Up to and including the line that contains "module _ (map : MemoryMap) where", write out each line of the material from its first line, exactly.

-- Opening Marker --

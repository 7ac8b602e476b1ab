-- ===== src/E820/Largest.antt =====
-- The choice of `e820_largest_free_entry` in memory/memory.c.
use peach_os64bit_module_two.Common.{
  ℕ, zero, suc, ◌+◌, ◌<◌, ◌≤◌, ◌≡◌, inl, inr, Option, none, some, ltb, ◌==◌, arith, Bool-cases,
  subst,
}
use peach_os64bit_module_two.E820.{MemoryMap, choose, largest_loop, e820_largest_free_entry}

module _ (map : MemoryMap) where
  abbrev pub Usable : ℕ → Type 0
  Usable i = (map.entries i).type ≡ 1

  -- The choice among the first `n` entries: the first of the longest usable ones.
  abbrev pub Largest : ℕ → Option ℕ → Type 0
  Largest n none = (l : ℕ) → l < n → ¬ Usable l
  Largest n (some c) =
      (c < n)
      × Usable c
      × ((l : ℕ)
          → l < n
          → Usable l
          → ((map.entries l).length ≤ (map.entries c).length)
            × (l < c → (map.entries l).length < (map.entries c).length))

  choose-Largest :
      (i : ℕ) (chosen : Option ℕ) → Largest i chosen → Largest (i + 1) (choose map i chosen)
  unfolding choose
  choose-Largest i none so_far = elim (Bool-cases ((map.entries i).type == 1)) [
    | inl usable ↦
        rw usable
          (omega arith, ground (arith, usable), λ l lt there. ground (arith, so_far l, lt, there))
    | inr other ↦ rw other (λ l lt there. ground (arith, so_far l, lt, there, other))
  ]
  choose-Largest i (some c) (before, usable_c, best) =
      elim (Bool-cases ((map.entries i).type == 1)) [
        | inl usable ↦ elim (Bool-cases (ltb (map.entries c).length (map.entries i).length)) [
          | inl longer ↦
              rw (usable, longer)
                (
                  omega arith,
                  ground (arith, usable),
                  λ l lt there. ground (arith, best l, lt, there, longer),
                )
          | inr shorter ↦
              rw (usable, shorter)
                (
                  omega (arith, before),
                  usable_c,
                  λ l lt there. ground (arith, best l, lt, there, shorter, before),
                )
        ]
        | inr other ↦ rw other (
          omega (arith, before),
          usable_c,
          λ l lt there. ground (arith, best l, lt, there, other),
        )
      ]

  largest_loop-Largest :
      (rounds i n : ℕ) (chosen : Option ℕ)
      → i + rounds ≡ n
      → Largest i chosen
      → Largest n (largest_loop rounds map i chosen)
  unfolding largest_loop
  largest_loop-Largest zero i n chosen total so_far =
      subst (λ k. Largest k chosen) (omega (arith, total)) so_far
  largest_loop-Largest (suc rounds) i n chosen total so_far =
      largest_loop-Largest rounds (i + 1) n (choose map i chosen) (omega (arith, total))
        (choose-Largest i chosen so_far)

  -- The entry that e820_largest_free_entry chooses is the first of the longest usable ones, and it
  -- chooses none just where no entry is usable.
  pub e820_largest_free_entry-Largest : Largest map.total_entries (e820_largest_free_entry map)
  unfolding e820_largest_free_entry
  e820_largest_free_entry-Largest =
      largest_loop-Largest map.total_entries 0 map.total_entries none (omega arith)
        (λ l lt. absurd (omega (arith, lt)))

-- Closing Marker --

Response for this exercise:
repository 7ac8b602e476b1ab
-- ===== src/E820/Largest.antt =====
-- The choice of `e820_largest_free_entry` in memory/memory.c.
use peach_os64bit_module_two.Common.{
  ℕ, zero, suc, ◌+◌, ◌<◌, ◌≤◌, ◌≡◌, inl, inr, Option, none, some, ltb, ◌==◌, arith, Bool-cases,
  subst,
}
use peach_os64bit_module_two.E820.{MemoryMap, choose, largest_loop, e820_largest_free_entry}

module _ (map : MemoryMap) where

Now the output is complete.